(Dataset excerpts)

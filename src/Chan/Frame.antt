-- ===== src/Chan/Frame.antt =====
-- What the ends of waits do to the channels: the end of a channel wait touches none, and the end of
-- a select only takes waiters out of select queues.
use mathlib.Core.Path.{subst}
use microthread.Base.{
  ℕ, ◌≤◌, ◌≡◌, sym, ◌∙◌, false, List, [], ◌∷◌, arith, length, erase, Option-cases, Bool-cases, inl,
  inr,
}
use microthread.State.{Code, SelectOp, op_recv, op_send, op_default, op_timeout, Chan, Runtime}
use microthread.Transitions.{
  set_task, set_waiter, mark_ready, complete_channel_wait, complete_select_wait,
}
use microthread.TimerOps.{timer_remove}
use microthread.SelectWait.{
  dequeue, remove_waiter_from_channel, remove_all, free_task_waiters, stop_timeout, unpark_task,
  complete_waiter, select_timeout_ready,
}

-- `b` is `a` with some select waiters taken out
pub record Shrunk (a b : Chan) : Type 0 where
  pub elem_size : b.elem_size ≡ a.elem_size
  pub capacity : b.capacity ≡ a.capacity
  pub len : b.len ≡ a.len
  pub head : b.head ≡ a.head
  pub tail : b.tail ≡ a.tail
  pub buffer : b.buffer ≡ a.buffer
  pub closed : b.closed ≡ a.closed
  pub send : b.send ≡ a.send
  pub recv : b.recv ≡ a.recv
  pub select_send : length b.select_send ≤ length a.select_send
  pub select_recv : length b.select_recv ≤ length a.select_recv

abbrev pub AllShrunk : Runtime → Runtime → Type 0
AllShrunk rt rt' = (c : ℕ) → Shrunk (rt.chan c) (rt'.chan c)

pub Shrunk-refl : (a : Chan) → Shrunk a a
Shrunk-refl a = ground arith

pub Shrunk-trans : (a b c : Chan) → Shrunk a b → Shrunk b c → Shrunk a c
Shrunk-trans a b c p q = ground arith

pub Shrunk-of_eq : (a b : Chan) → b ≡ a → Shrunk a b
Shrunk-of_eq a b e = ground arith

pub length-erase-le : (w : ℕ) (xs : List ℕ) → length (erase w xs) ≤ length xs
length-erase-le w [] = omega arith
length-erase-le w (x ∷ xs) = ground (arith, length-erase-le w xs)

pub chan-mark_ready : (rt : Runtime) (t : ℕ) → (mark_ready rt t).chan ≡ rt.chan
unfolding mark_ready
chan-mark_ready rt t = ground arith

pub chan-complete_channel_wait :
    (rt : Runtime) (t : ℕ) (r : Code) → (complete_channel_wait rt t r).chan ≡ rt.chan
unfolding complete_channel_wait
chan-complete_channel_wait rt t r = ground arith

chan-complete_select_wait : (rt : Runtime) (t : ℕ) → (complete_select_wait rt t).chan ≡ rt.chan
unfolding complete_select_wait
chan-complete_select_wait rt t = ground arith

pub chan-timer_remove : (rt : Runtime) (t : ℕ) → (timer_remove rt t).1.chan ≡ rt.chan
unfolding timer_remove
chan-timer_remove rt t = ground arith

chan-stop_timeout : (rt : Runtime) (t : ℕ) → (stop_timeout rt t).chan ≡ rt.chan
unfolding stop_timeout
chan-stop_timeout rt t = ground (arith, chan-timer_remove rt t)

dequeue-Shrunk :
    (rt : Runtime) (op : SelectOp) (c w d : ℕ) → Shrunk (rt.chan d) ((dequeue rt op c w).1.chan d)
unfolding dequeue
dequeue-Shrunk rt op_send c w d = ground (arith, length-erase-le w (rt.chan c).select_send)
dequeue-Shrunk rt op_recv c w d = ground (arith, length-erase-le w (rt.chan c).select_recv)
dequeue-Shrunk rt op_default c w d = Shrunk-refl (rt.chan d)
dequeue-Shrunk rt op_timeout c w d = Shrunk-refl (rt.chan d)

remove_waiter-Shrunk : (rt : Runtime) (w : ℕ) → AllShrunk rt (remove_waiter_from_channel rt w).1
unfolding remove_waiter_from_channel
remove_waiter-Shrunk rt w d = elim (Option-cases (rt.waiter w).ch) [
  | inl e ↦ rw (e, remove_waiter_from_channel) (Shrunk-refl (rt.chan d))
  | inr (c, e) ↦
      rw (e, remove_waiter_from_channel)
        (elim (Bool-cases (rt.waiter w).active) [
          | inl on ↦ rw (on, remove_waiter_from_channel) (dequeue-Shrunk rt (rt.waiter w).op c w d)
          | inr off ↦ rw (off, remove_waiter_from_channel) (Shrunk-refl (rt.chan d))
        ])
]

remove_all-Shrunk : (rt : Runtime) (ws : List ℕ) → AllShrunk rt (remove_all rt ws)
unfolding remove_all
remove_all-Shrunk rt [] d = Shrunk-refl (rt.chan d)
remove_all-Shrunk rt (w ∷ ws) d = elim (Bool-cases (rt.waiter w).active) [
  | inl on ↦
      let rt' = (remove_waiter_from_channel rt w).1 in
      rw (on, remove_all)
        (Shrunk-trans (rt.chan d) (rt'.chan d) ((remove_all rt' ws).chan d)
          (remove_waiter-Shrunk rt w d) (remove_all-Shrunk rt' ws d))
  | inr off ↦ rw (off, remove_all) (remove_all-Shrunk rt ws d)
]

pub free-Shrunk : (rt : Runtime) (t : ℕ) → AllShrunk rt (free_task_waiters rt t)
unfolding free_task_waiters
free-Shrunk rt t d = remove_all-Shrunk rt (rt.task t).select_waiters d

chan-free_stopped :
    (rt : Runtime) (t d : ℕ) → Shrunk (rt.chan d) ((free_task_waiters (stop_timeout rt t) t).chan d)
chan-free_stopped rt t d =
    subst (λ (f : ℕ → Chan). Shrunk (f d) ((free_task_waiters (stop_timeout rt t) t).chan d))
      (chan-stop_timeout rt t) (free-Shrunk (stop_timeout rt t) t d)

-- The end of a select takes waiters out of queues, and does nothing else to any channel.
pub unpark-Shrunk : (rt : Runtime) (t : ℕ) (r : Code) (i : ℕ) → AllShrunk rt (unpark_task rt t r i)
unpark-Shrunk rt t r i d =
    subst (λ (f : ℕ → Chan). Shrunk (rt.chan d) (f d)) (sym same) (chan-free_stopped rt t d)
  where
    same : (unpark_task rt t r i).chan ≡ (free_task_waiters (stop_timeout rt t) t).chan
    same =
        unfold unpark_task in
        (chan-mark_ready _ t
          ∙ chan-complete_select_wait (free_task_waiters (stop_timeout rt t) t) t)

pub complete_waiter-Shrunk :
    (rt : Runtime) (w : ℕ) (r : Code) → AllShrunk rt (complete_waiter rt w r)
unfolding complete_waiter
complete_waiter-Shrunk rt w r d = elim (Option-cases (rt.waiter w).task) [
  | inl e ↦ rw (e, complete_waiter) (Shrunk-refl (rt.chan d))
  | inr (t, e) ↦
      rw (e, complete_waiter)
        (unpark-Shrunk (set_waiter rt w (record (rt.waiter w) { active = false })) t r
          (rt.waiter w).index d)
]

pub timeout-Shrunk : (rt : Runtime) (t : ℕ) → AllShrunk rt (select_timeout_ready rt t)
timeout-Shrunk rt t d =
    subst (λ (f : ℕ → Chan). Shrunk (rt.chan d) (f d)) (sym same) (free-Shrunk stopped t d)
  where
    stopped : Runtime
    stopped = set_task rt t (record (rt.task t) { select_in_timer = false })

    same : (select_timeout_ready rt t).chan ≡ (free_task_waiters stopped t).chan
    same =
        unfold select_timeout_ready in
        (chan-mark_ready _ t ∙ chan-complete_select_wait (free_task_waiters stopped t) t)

(End Dataset excerpts)

_Exercise details_: Would you restate every record word for word?

_Result below_:
filename src/Chan/Frame.antt
-- ===== src/Chan/Frame.antt =====
-- What the ends of waits do to the channels: the end of a channel wait touches none, and the end of
-- a select only takes waiters out of select queues.
use mathlib.Core.Path.{subst}
use microthread.Base.{
  ℕ, ◌≤◌, ◌≡◌, sym, ◌∙◌, false, List, [], ◌∷◌, arith, length, erase, Option-cases, Bool-cases, inl,
  inr,
}
use microthread.State.{Code, SelectOp, op_recv, op_send, op_default, op_timeout, Chan, Runtime}
use microthread.Transitions.{
  set_task, set_waiter, mark_ready, complete_channel_wait, complete_select_wait,
}
use microthread.TimerOps.{timer_remove}
use microthread.SelectWait.{
  dequeue, remove_waiter_from_channel, remove_all, free_task_waiters, stop_timeout, unpark_task,
  complete_waiter, select_timeout_ready,
}

-- `b` is `a` with some select waiters taken out
pub record Shrunk (a b : Chan) : Type 0 where
  pub elem_size : b.elem_size ≡ a.elem_size
  pub capacity : b.capacity ≡ a.capacity
  pub len : b.len ≡ a.len
  pub head : b.head ≡ a.head
  pub tail : b.tail ≡ a.tail
  pub buffer : b.buffer ≡ a.buffer
  pub closed : b.closed ≡ a.closed
  pub send : b.send ≡ a.send
  pub recv : b.recv ≡ a.recv
  pub select_send : length b.select_send ≤ length a.select_send
  pub select_recv : length b.select_recv ≤ length a.select_recv

abbrev pub AllShrunk : Runtime → Runtime → Type 0
AllShrunk rt rt' = (c : ℕ) → Shrunk (rt.chan c) (rt'.chan c)

pub Shrunk-refl : (a : Chan) → Shrunk a a
Shrunk-refl a = ground arith

pub Shrunk-trans : (a b c : Chan) → Shrunk a b → Shrunk b c → Shrunk a c
Shrunk-trans a b c p q = ground arith

pub Shrunk-of_eq : (a b : Chan) → b ≡ a → Shrunk a b
Shrunk-of_eq a b e = ground arith

pub length-erase-le : (w : ℕ) (xs : List ℕ) → length (erase w xs) ≤ length xs
length-erase-le w [] = omega arith
length-erase-le w (x ∷ xs) = ground (arith, length-erase-le w xs)

pub chan-mark_ready : (rt : Runtime) (t : ℕ) → (mark_ready rt t).chan ≡ rt.chan
unfolding mark_ready
chan-mark_ready rt t = ground arith

pub chan-complete_channel_wait :
    (rt : Runtime) (t : ℕ) (r : Code) → (complete_channel_wait rt t r).chan ≡ rt.chan
unfolding complete_channel_wait
chan-complete_channel_wait rt t r = ground arith

chan-complete_select_wait : (rt : Runtime) (t : ℕ) → (complete_select_wait rt t).chan ≡ rt.chan
unfolding complete_select_wait
chan-complete_select_wait rt t = ground arith

pub chan-timer_remove : (rt : Runtime) (t : ℕ) → (timer_remove rt t).1.chan ≡ rt.chan
unfolding timer_remove
chan-timer_remove rt t = ground arith

chan-stop_timeout : (rt : Runtime) (t : ℕ) → (stop_timeout rt t).chan ≡ rt.chan
unfolding stop_timeout
chan-stop_timeout rt t = ground (arith, chan-timer_remove rt t)

dequeue-Shrunk :
    (rt : Runtime) (op : SelectOp) (c w d : ℕ) → Shrunk (rt.chan d) ((dequeue rt op c w).1.chan d)
unfolding dequeue
dequeue-Shrunk rt op_send c w d = ground (arith, length-erase-le w (rt.chan c).select_send)
dequeue-Shrunk rt op_recv c w d = ground (arith, length-erase-le w (rt.chan c).select_recv)
dequeue-Shrunk rt op_default c w d = Shrunk-refl (rt.chan d)
dequeue-Shrunk rt op_timeout c w d = Shrunk-refl (rt.chan d)

remove_waiter-Shrunk : (rt : Runtime) (w : ℕ) → AllShrunk rt (remove_waiter_from_channel rt w).1
unfolding remove_waiter_from_channel
remove_waiter-Shrunk rt w d = elim (Option-cases (rt.waiter w).ch) [
  | inl e ↦ rw (e, remove_waiter_from_channel) (Shrunk-refl (rt.chan d))
  | inr (c, e) ↦
      rw (e, remove_waiter_from_channel)
        (elim (Bool-cases (rt.waiter w).active) [
          | inl on ↦ rw (on, remove_waiter_from_channel) (dequeue-Shrunk rt (rt.waiter w).op c w d)
          | inr off ↦ rw (off, remove_waiter_from_channel) (Shrunk-refl (rt.chan d))
        ])
]

remove_all-Shrunk : (rt : Runtime) (ws : List ℕ) → AllShrunk rt (remove_all rt ws)
unfolding remove_all
remove_all-Shrunk rt [] d = Shrunk-refl (rt.chan d)
remove_all-Shrunk rt (w ∷ ws) d = elim (Bool-cases (rt.waiter w).active) [
  | inl on ↦
      let rt' = (remove_waiter_from_channel rt w).1 in
      rw (on, remove_all)
        (Shrunk-trans (rt.chan d) (rt'.chan d) ((remove_all rt' ws).chan d)
          (remove_waiter-Shrunk rt w d) (remove_all-Shrunk rt' ws d))
  | inr off ↦ rw (off, remove_all) (remove_all-Shrunk rt ws d)
]

pub free-Shrunk : (rt : Runtime) (t : ℕ) → AllShrunk rt (free_task_waiters rt t)
unfolding free_task_waiters
free-Shrunk rt t d = remove_all-Shrunk rt (rt.task t).select_waiters d

chan-free_stopped :
    (rt : Runtime) (t d : ℕ) → Shrunk (rt.chan d) ((free_task_waiters (stop_timeout rt t) t).chan d)
chan-free_stopped rt t d =
    subst (λ (f : ℕ → Chan). Shrunk (f d) ((free_task_waiters (stop_timeout rt t) t).chan d))
      (chan-stop_timeout rt t) (free-Shrunk (stop_timeout rt t) t d)

-- The end of a select takes waiters out of queues, and does nothing else to any channel.
pub unpark-Shrunk : (rt : Runtime) (t : ℕ) (r : Code) (i : ℕ) → AllShrunk rt (unpark_task rt t r i)
unpark-Shrunk rt t r i d =
    subst (λ (f : ℕ → Chan). Shrunk (rt.chan d) (f d)) (sym same) (chan-free_stopped rt t d)
  where
    same : (unpark_task rt t r i).chan ≡ (free_task_waiters (stop_timeout rt t) t).chan
    same =
        unfold unpark_task in
        (chan-mark_ready _ t
          ∙ chan-complete_select_wait (free_task_waiters (stop_timeout rt t) t) t)

pub complete_waiter-Shrunk :
    (rt : Runtime) (w : ℕ) (r : Code) → AllShrunk rt (complete_waiter rt w r)
unfolding complete_waiter
complete_waiter-Shrunk rt w r d = elim (Option-cases (rt.waiter w).task) [
  | inl e ↦ rw (e, complete_waiter) (Shrunk-refl (rt.chan d))
  | inr (t, e) ↦
      rw (e, complete_waiter)
        (unpark-Shrunk (set_waiter rt w (record (rt.waiter w) { active = false })) t r
          (rt.waiter w).index d)
]

pub timeout-Shrunk : (rt : Runtime) (t : ℕ) → AllShrunk rt (select_timeout_ready rt t)
timeout-Shrunk rt t d =
    subst (λ (f : ℕ → Chan). Shrunk (rt.chan d) (f d)) (sym same) (free-Shrunk stopped t d)
  where
    stopped : Runtime
    stopped = set_task rt t (record (rt.task t) { select_in_timer = false })

    same : (select_timeout_ready rt t).chan ≡ (free_task_waiters stopped t).chan
    same =
        unfold select_timeout_ready in
        (chan-mark_ready _ t ∙ chan-complete_select_wait (free_task_waiters stopped t) t)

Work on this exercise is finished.